Relative ratios (RRs) and their 95% confidence intervals (CIs), according to fracture site, were calculated using a random- or fixed-effects model on the basis of between-study heterogeneity. Heterogeneity, defined as variation beyond chance, was assessed through I2 test and Q statistic. I2 of >50% indicated considerable heterogeneity, and a p-value of <0.05 at Q statistic represented a significant heterogeneity (Higgins et al., 2003). A fixed-effects model was used based on Mantel-Haenszel method unless heterogeneity was present. The number of patients needed to treat (NNT) to prevent 1 event was calculated as: (1/absolute risk reduction)×100, where absolute risk reduction was rate difference (event rates on warfarin minus event rates on NOACs). Subgroup analyses were conducted according to individual NOACs (dabigatran, rivaroxaban, apixaban, and edoxaban), indications (atrial fibrillation or venous thromboembolism), and duration of follow up (>1 year or <1 year). To explore the potential effect modifiers on outcomes, meta-regression analysis was performed to test demographic characteristics of the included RCTs. Sensitivity analyses were performed to identify the effect of a single trial by sequential elimination of each trial from the pool. In addition, further analyses were conducted to identify the effect by including the low-dose arms (dabigatran 110 mg in RE-LY, and edoxaban 30/15 mg in ENGAGE AF-TIMI 48). All statistical analyses were performed by using STATA software (version13, Statacorp, College Station, Texas, USA), and P < 0.05 indicated a statistically significant difference.
In total, 8,245 records were identified from the initial database search. After the removal of 1,642 duplicates, 6,483 records were excluded for various reasons through title and abstract screening. The remaining 120 records were full-text articles, of which 108 proved ineligible due to the unavailability of fracture data, single arm studies, or not warfarin as comparison. Finally, 12 eligible RCTs were included in the analyses (Figure 1 and Table S1) (Connolly et al., 2009; Schulman et al., 2009, 2013, 2014; EINSTEIN Investigators et al., 2010; Granger et al., 2011; Patel et al., 2011; EINSTEIN–PE Investigators et al., 2012; Hori et al., 2012; Agnelli et al., 2013; Giugliano et al., 2013; Hokusai-VTE Investigators et al., 2013). The characteristics of included RCTs were summarized in Tables 1, 2. Publication year varied from 2009 to 2014, with trial duration ranging from 3 to 36 months. A total of 89,549 patients were enrolled, among which 44,816 (50%) patients were treated with NOACs and 44,733 (50%) patients were treated with warfarin. Of these 12 trials, 5 (59,735 patients) were Atrial fibrillation (AF) studies, and 7 (29,814 patients) were venous thromboembolism (VTE) studies. All trials satisfied bias tool items with the exception of RE-LY (Connolly et al., 2009), EINSTEIN (EINSTEIN Investigators et al., 2010), and EINSTEIN-PE (EINSTEIN–PE Investigators et al., 2012), which were not double-blinded (Table S2).
Risk of Any Fracture
A total of 1,139 (1.3%) developed fracture, of which 515 (1.1%) were NOACs users and 624 (1.4%) were warfarin users. Consequently, NOACs significantly reduced the risk of fracture by 18% (RR: 0.82, 95%CI: 0.73–0.93, P = 0.001) compared to warfarin (Figure 2), with no significant heterogeneity among included studies (I2 = 15.0%, P = 0.30). The data translated to NNT of 333, meaning that 333 patients treated with NOACs prevent 1 fracture event than those treated with warfarin. Among included studies, a high incidence of 2.9% (201 of 7,012) was found in the ENGAGE AF-TIMI 48 trial (AF trial and 33 months of follow up) (Giugliano et al., 2013), and the AMPLIFY study showed the low incidence of 0.1% (4 of 2676) in patients with NOACs (VET trial and 6 months of follow up) (Agnelli et al., 2013).

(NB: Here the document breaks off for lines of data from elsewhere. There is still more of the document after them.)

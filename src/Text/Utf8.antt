-- ===== src/Text/Utf8.antt =====
-- `std::str::from_utf8` as a decoder into code points, by the Unicode standard's table of
-- well-formed byte sequences: overlong forms, surrogates and values above 0x10ffff are refused.
use ex_rocket.Prelude.{
  ℕ, ◌+◌, ◌-◌, ◌*◌, ◌<◌, ◌≡◌, refl, ◌&&◌, Option, none, some, List, [], ◌∷◌, All, arith, ltb, leb,
  ◌==◌, if◌then◌else◌,
}

abbrev pub Bytes : Type 0
Bytes = List ℕ

-- A `str` as its code points.
abbrev pub Chars : Type 0
Chars = List ℕ

-- `needed` continuation bytes are awaited, the next one between `lo` and `hi`.
pub record Pending : Type 0 where
  needed : ℕ
  value : ℕ
  lo : ℕ
  hi : ℕ

abbrev pub start : Pending
start = record { needed = 0; value = 0; lo = 0; hi = 0 }

abbrev await : ℕ → ℕ → ℕ → ℕ → Option (Pending × Option ℕ)
await needed value lo hi = some (record { needed = needed; value = value; lo = lo; hi = hi }, none)

-- The first byte of a sequence.
lead : ℕ → Option (Pending × Option ℕ)
lead b =
    if ltb b 0x80
    then some (start, some b)
    else if ltb b 0xc2
    then none
    else if ltb b 0xe0
    then await 1 (b - 0xc0) 0x80 0xbf
    else if b == 0xe0
    then await 2 0 0xa0 0xbf
    else if b == 0xed
    then await 2 0xd 0x80 0x9f
    else if ltb b 0xf0
    then await 2 (b - 0xe0) 0x80 0xbf
    else if b == 0xf0
    then await 3 0 0x90 0xbf
    else if ltb b 0xf4
    then await 3 (b - 0xf0) 0x80 0xbf
    else if b == 0xf4
    then await 3 4 0x80 0x8f
    else none

-- One byte: the new state, and the code point that it completes.
step : Pending → ℕ → Option (Pending × Option ℕ)
unfolding lead
step p b =
    let value = p.value * 0x40 + (b - 0x80) in
    if p.needed == 0
    then lead b
    else if leb p.lo b && leb b p.hi
    then (if p.needed == 1 then some (start, some value) else await (p.needed - 1) value 0x80 0xbf)
    else none

abbrev pub emit : Option ℕ → Option Chars → Option Chars
emit none cs = cs
emit (some c) none = none
emit (some c) (some cs) = some (c ∷ cs)

pub decode : Pending → Bytes → Option Chars
decode p [] = if p.needed == 0 then some [] else none
decode p (b ∷ bs) = elim (step p b) [ none ↦ none | some (q, c) ↦ emit c (decode q bs) ]

unfoldable pub from_utf8 : Bytes → Option Chars
unfolding decode step
from_utf8 bs = decode start bs

abbrev pub IsAscii : Bytes → Type 0
IsAscii = All (λ b. b < 0x80)

decode_ascii : (bs : Bytes) → IsAscii bs → decode start bs ≡ some bs
unfolding decode step
decode_ascii [] h = refl
decode_ascii (b ∷ bs) h = ground (arith, decode_ascii bs h.1)

-- Bytes below 0x80 are text, and are their own code points.
pub from_utf8_ascii : (bs : Bytes) → IsAscii bs → from_utf8 bs ≡ some bs
unfolding from_utf8
from_utf8_ascii bs h = unfold decode in decode_ascii bs h

two_bytes : from_utf8 (0xc2 ∷ 0xa0 ∷ 0x31 ∷ []) ≡ some (0xa0 ∷ 0x31 ∷ [])
unfolding from_utf8
two_bytes = refl

euro : from_utf8 (0xe2 ∷ 0x82 ∷ 0xac ∷ []) ≡ some (0x20ac ∷ [])
unfolding from_utf8
euro = refl

four_bytes : from_utf8 (0xf0 ∷ 0x9f ∷ 0x98 ∷ 0x80 ∷ []) ≡ some (0x1f600 ∷ [])
unfolding from_utf8
four_bytes = refl

refused :
    (from_utf8 (0x80 ∷ []) ≡ none)
    × (from_utf8 (0xc0 ∷ 0x80 ∷ []) ≡ none)
    × (from_utf8 (0xed ∷ 0xa0 ∷ 0x80 ∷ []) ≡ none)
    × (from_utf8 (0xe2 ∷ 0x82 ∷ []) ≡ none)
unfolding from_utf8
refused = (refl, refl, refl, refl)
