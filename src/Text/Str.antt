-- ===== src/Text/Str.antt =====
-- `str::trim` of Rust's standard library, on code points.
use ex_rocket.Prelude.{ℕ, ◌≡◌, refl, Bool, ◌&&◌, ◌||◌, [], ◌∷◌, leb, ◌==◌, if◌then◌else◌}
use ex_rocket.Text.Utf8.{Chars}

-- Unicode's White_Space.
unfoldable pub is_whitespace : ℕ → Bool
is_whitespace c =
    (leb 9 c && leb c 13)
    || c == 0x20
    || c == 0x85
    || c == 0xa0
    || c == 0x1680
    || (leb 0x2000 c && leb c 0x200a)
    || c == 0x2028
    || c == 0x2029
    || c == 0x202f
    || c == 0x205f
    || c == 0x3000

unfoldable pub trim_start : Chars → Chars
unfolding is_whitespace
trim_start [] = []
trim_start (c ∷ cs) = let rest = trim_start cs in if is_whitespace c then rest else c ∷ cs

-- A character in front of a text whose end is trimmed.
abbrev pub keep : ℕ → Chars → Chars
keep c [] = if is_whitespace c then [] else c ∷ []
keep c (d ∷ ds) = c ∷ d ∷ ds

unfoldable pub trim_end : Chars → Chars
unfolding is_whitespace
trim_end [] = []
trim_end (c ∷ cs) = keep c (trim_end cs)

unfoldable pub trim : Chars → Chars
unfolding trim_start trim_end
trim cs = trim_end (trim_start cs)

trims : trim (0x20 ∷ 0xa0 ∷ b'a' ∷ 0x20 ∷ b'b' ∷ 9 ∷ []) ≡ b'a' ∷ 0x20 ∷ b'b' ∷ []
unfolding trim
trims = refl
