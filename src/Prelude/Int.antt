-- ===== src/Prelude/Int.antt =====
-- Signed integers over the native numbers (the library's ℤ stands on the unary ℕ), and the
-- machine integers of the code: `wrap64` and `wrap32` are the wrap-around of i64 and i32.
pub mod Wrap
use Prim.Native.Nat.{ℕ, zero, suc, ◌+◌, ◌-◌, ◌%◌, ◌^◌, ◌≤◌, ◌<◌}
use mathlib.Core.Path.{◌≡◌}
use native.Mathlib.Omega.{arith}
use ex_rocket.Prelude.Tests.{ltb, leb, if◌then◌else◌}

-- `negsuc n` is -(n + 1).
pub data ℤ : Type 0 where
  pos : ℕ → ℤ
  negsuc : ℕ → ℤ

abbrev pub pos_part : ℤ → ℕ
pos_part (pos n) = n
pos_part (negsuc n) = 0

abbrev pub neg_part : ℤ → ℕ
neg_part (pos n) = 0
neg_part (negsuc n) = suc n

-- a - b, as an integer.
abbrev pub sub_ℕ : ℕ → ℕ → ℤ
sub_ℕ a b = if leb b a then pos (a - b) else negsuc (b - a - 1)

infixl 65 ◌+ℤ◌
unfoldable pub ◌+ℤ◌ : ℤ → ℤ → ℤ
a +ℤ b = sub_ℕ (pos_part a + pos_part b) (neg_part a + neg_part b)

-- -n
abbrev pub neg_ℕ : ℕ → ℤ
neg_ℕ zero = pos 0
neg_ℕ (suc n) = negsuc n

abbrev pub i64_half : ℕ
i64_half = 2 ^ 63

abbrev pub i32_half : ℕ
i32_half = 2 ^ 31

-- The values of i64 and of i32.
abbrev pub IsI64 : ℤ → Type 0
IsI64 z = (pos_part z < i64_half) × (neg_part z ≤ i64_half)

abbrev pub IsI32 : ℤ → Type 0
IsI32 z = (pos_part z < i32_half) × (neg_part z ≤ i32_half)

-- The 64-bit pattern of an integer, and the i64 that a pattern stands for.
pub to_u64 : ℤ → ℕ
to_u64 (pos n) = n % 2 ^ 64
to_u64 (negsuc n) = 2 ^ 64 - 1 - n % 2 ^ 64

pub of_u64 : ℕ → ℤ
of_u64 n = if ltb n i64_half then pos n else negsuc (2 ^ 64 - 1 - n)

unfoldable pub wrap64 : ℤ → ℤ
unfolding to_u64 of_u64
wrap64 z = of_u64 (to_u64 z)

-- `z as i32`, from any wider integer.
unfoldable pub to_u32 : ℤ → ℕ
to_u32 (pos n) = n % 2 ^ 32
to_u32 (negsuc n) = 2 ^ 32 - 1 - n % 2 ^ 32

pub of_u32 : ℕ → ℤ
of_u32 n = if ltb n i32_half then pos n else negsuc (2 ^ 32 - 1 - n)

unfoldable pub wrap32 : ℤ → ℤ
unfolding to_u32 of_u32
wrap32 z = of_u32 (to_u32 z)

-- `z as usize`, from an i32 on a 64-bit target: the sign is extended.
unfoldable pub as_usize : ℤ → ℕ
unfolding to_u64
as_usize z = to_u64 z

pub +ℤ_comm : (a b : ℤ) → a +ℤ b ≡ b +ℤ a
unfolding ◌+ℤ◌
+ℤ_comm a b = ground arith

pub +ℤ_assoc : (a b c : ℤ) → a +ℤ b +ℤ c ≡ a +ℤ (b +ℤ c)
unfolding ◌+ℤ◌
+ℤ_assoc a b c = ground arith

pub +ℤ-zero : (a : ℤ) → a +ℤ pos 0 ≡ a
unfolding ◌+ℤ◌
+ℤ-zero a = ground arith

pub zero-+ℤ : (a : ℤ) → pos 0 +ℤ a ≡ a
unfolding ◌+ℤ◌
zero-+ℤ a = ground arith
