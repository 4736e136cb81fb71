-- ===== src/Text/Number.antt =====
-- `str::parse::<i64>`, `::<i32>`, `::<usize>` and `i64::to_string` of Rust's standard library.
-- The digits are read with no bound and the bound is tested at the end: the library's tests at
-- each digit fail for the same texts, since the value never falls.
pub mod RoundTrip
use ex_rocket.Prelude.{
  ℕ, zero, suc, ◌+◌, ◌-◌, ◌*◌, ◌/◌, ◌%◌, ◌^◌, ◌≡◌, refl, ◌&&◌, Option, none, some, List, [], ◌∷◌,
  ltb, leb, ◌==◌, if◌then◌else◌,
}
use ex_rocket.Prelude.Int.{ℤ, pos, negsuc, neg_ℕ, i64_half, i32_half}
use ex_rocket.Text.Utf8.{Chars}

-- The number that digits spell behind `n`.
unfoldable pub scan : Chars → ℕ → Option ℕ
scan [] n = some n
scan (c ∷ cs) n =
    let rest = scan cs (n * 10 + (c - b'0')) in if leb b'0' c && leb c b'9' then rest else none

-- An empty text is no number, and neither is a sign alone.
unfoldable pub digits : Chars → Option ℕ
unfolding scan
digits [] = none
digits (c ∷ cs) = scan (c ∷ cs) 0

abbrev pub nonneg : ℕ → Option ℕ → Option ℤ
nonneg half none = none
nonneg half (some n) = if ltb n half then some (pos n) else none

abbrev pub negated : ℕ → Option ℕ → Option ℤ
negated half none = none
negated half (some n) = if leb n half then some (neg_ℕ n) else none

-- A signed integer of the range -half .. half - 1.
unfoldable pub parse_signed : ℕ → Chars → Option ℤ
unfolding digits
parse_signed half [] = none
parse_signed half (c ∷ cs) =
    if c == b'-'
    then negated half (digits cs)
    else if c == b'+'
    then nonneg half (digits cs)
    else nonneg half (digits (c ∷ cs))

unfoldable pub parse_i64 : Chars → Option ℤ
unfolding parse_signed
parse_i64 = parse_signed i64_half

unfoldable pub parse_i32 : Chars → Option ℤ
unfolding parse_signed
parse_i32 = parse_signed i32_half

abbrev fits_usize : Option ℕ → Option ℕ
fits_usize none = none
fits_usize (some n) = if ltb n (2 ^ 64) then some n else none

-- An unsigned text may begin with `+`, and not with `-`.
unfoldable pub parse_usize : Chars → Option ℕ
unfolding digits
parse_usize [] = none
parse_usize (c ∷ cs) = fits_usize (if c == b'+' then digits cs else digits (c ∷ cs))

-- The decimal digits of `n` in front of `behind`; each round divides `n` by ten.
emit : ℕ → ℕ → Chars → Chars
emit zero n behind = behind
emit (suc fuel) n behind =
    let rest = emit fuel (n / 10) ((b'0' + n % 10) ∷ behind) in
    if n / 10 == 0 then (b'0' + n % 10) ∷ behind else rest

unfoldable pub print_ℕ : ℕ → Chars
unfolding emit
print_ℕ n = emit (suc n) n []

-- The text is ASCII, so that its bytes are its characters.
unfoldable pub to_string : ℤ → Chars
unfolding print_ℕ
to_string (pos n) = print_ℕ n
to_string (negsuc n) = b'-' ∷ print_ℕ (suc n)

reads :
    (parse_i64 (b'-' ∷ b'4' ∷ b'2' ∷ []) ≡ some (negsuc 41))
    × (parse_i64 (b'-' ∷ []) ≡ none)
    × (parse_i64 (b'+' ∷ b'7' ∷ []) ≡ some (pos 7))
    × (parse_usize (b'-' ∷ b'7' ∷ []) ≡ none)
unfolding parse_i64 parse_usize
reads = (refl, refl, refl, refl)

prints : to_string (negsuc 9223372036854775807) ≡ (b'-' ∷ print_ℕ (2 ^ 63))
unfolding to_string
prints = refl
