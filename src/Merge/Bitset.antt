-- ===== src/Merge/Bitset.antt =====
-- `bitset_merge`, `set_bit` and `clear_bit` of native/rocker/src/merge.rs. A bitset is its bytes;
-- bit `pos` is bit `pos % 8` of byte `pos / 8`. That the allocation of a byte vector can fail is not
-- modelled.
pub mod Byte
pub mod Bits
pub mod Effect
pub mod Partial
use Prim.Native.Nat.{bit_and, bit_or}
use ex_rocket.Prelude.{
  ℕ, ◌+◌, ◌-◌, ◌/◌, ◌%◌, ◌^◌, ◌≡◌, refl, Option, none, some, List, [], ◌∷◌, ◌++◌, length, get_or,
  set, take, replicate, ltb, leb, ◌==◌, if◌then◌else◌,
}
use ex_rocket.Text.Utf8.{Bytes, Chars, from_utf8}
use ex_rocket.Text.Str.{trim}
use ex_rocket.Text.Number.{parse_usize}

-- `Vec::resize(n, 0)`
abbrev pub resize : ℕ → Bytes → Bytes
resize n bytes = take n bytes ++ replicate (n - length bytes) 0

-- `*byte |= 1 << bit` and `*byte &= !(1 << bit)` on a u8.
abbrev pub or_mask : ℕ → ℕ → ℕ
or_mask byte bit = bit_or byte (2 ^ bit)

abbrev pub and_not_mask : ℕ → ℕ → ℕ
and_not_mask byte bit = bit_and byte (255 - 2 ^ bit)

-- `if byte_index >= bitset.len() { bitset.resize(byte_index + 1, 0) }`
unfoldable pub grown : Bytes → ℕ → Bytes
grown bitset byte_index =
    if leb (length bitset) byte_index then resize (byte_index + 1) bitset else bitset

unfoldable pub set_bit : Bytes → ℕ → Bytes
set_bit bitset pos =
    let byte_index = pos / 8 in
    let bit_index = pos % 8 in
    let bytes = grown bitset byte_index in
    set bytes byte_index (or_mask (get_or bytes byte_index 0) bit_index)

unfoldable pub clear_bit : Bytes → ℕ → Bytes
clear_bit bitset pos =
    let byte_index = pos / 8 in
    let bit_index = pos % 8 in
    if ltb byte_index (length bitset)
    then set bitset byte_index (and_not_mask (get_or bitset byte_index 0) bit_index)
    else bitset

abbrev pub at_position : (Bytes → ℕ → Bytes) → Bytes → Option ℕ → Bytes
at_position change bitset none = bitset
at_position change bitset (some pos) = change bitset pos

-- The branches on the trimmed text.
unfoldable pub apply_trimmed : Bytes → Chars → Bytes
unfolding grown set_bit clear_bit parse_usize
apply_trimmed bitset [] = []
apply_trimmed bitset (c ∷ cs) =
    if c == b'+'
    then at_position set_bit bitset (parse_usize cs)
    else if c == b'-'
    then at_position clear_bit bitset (parse_usize cs)
    else bitset

abbrev pub apply_text : Bytes → Option Chars → Bytes
apply_text bitset none = bitset
apply_text bitset (some text) = apply_trimmed bitset (trim text)

unfoldable pub apply_operands : Bytes → List Bytes → Bytes
unfolding apply_trimmed trim from_utf8
apply_operands bitset [] = bitset
apply_operands bitset (op ∷ ops) = apply_operands (apply_text bitset (from_utf8 op)) ops

abbrev pub bytes_or_empty : Option Bytes → Bytes
bytes_or_empty none = []
bytes_or_empty (some val) = val

unfoldable pub bitset_merge : Bytes → Option Bytes → List Bytes → Option Bytes
unfolding apply_operands
bitset_merge key existing_val operands =
    some (apply_operands (bytes_or_empty existing_val) operands)

sets_and_clears :
    bitset_merge [] (some (0x81 ∷ [])) (
      (b'+' ∷ b'9' ∷ []) ∷ (b' ' ∷ b'-' ∷ b'0' ∷ []) ∷ (b'?' ∷ []) ∷ (b'-' ∷ b'9' ∷ b'9' ∷ []) ∷ [])
    ≡ some (0x80 ∷ 0x02 ∷ [])
unfolding bitset_merge
sets_and_clears = refl

empties :
    bitset_merge [] (some (0x81 ∷ [])) ((b' ' ∷ []) ∷ (b'+' ∷ b'1' ∷ []) ∷ []) ≡ some (0x02 ∷ [])
unfolding bitset_merge
empties = refl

Figure 2. Risk of any fracture with Non-vitamin K antagonist oral anticoagulants and warfarin. RR indicates relative risk; 95%CI indicates 95% confidence interval.
Risk of Fracture at Different Skeletal Site
Risk of fracture at different site was presented in Table 3. With respect to fragility fracture, 212 (0.47%) occurred in patients receiving NOACs and 240 (0.54%) occurred in patients receiving warfarin. Therefore, the risk of fracture was numerically lower with NOACs, but this did not meet statistical significance (RR: 0.88, 95%CI: 0.73–1.06, P = 0.18). Regarding vertebral fracture, a reduced trend was found in patients using NOACs compared patients using warfarin (RR: 0.79, 95%CI: 0.59–1.06, P = 0.11). As to hip fracture, no significant difference was detected between NOACs-treated patients and warfarin-treated patients due to low incidence (RR: 0.99, 95%CI: 0.72–1.34, P = 0.93). Similar result was found among other fracture site.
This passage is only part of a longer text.